Once you find the line with "abbrev ramp : Memory" in the data that follows, repeat it and every line after it exactly, through the line with "memset_lem_example : memset".

*** SOURCE INFORMATION Section Begins ***

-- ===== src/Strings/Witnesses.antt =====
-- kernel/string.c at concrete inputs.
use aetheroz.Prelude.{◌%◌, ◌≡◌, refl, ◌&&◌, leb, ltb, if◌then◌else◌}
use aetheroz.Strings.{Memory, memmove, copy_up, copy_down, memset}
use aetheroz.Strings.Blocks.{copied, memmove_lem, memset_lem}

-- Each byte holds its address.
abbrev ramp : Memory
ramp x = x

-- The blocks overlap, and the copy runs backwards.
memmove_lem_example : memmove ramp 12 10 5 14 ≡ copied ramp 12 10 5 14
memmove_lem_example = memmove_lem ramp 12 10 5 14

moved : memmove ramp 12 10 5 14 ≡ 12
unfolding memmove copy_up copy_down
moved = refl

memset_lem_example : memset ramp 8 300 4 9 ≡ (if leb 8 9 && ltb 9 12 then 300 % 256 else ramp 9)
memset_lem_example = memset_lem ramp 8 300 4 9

*** SOURCE INFORMATION Section Ends ***

### EXPECTED ANSWER
abbrev ramp : Memory
ramp x = x

-- The blocks overlap, and the copy runs backwards.
memmove_lem_example : memmove ramp 12 10 5 14 ≡ copied ramp 12 10 5 14
memmove_lem_example = memmove_lem ramp 12 10 5 14

moved : memmove ramp 12 10 5 14 ≡ 12
unfolding memmove copy_up copy_down
moved = refl

memset_lem_example : memset ramp 8 300 4 9 ≡ (if leb 8 9 && ltb 9 12 then 300 % 256 else ramp 9)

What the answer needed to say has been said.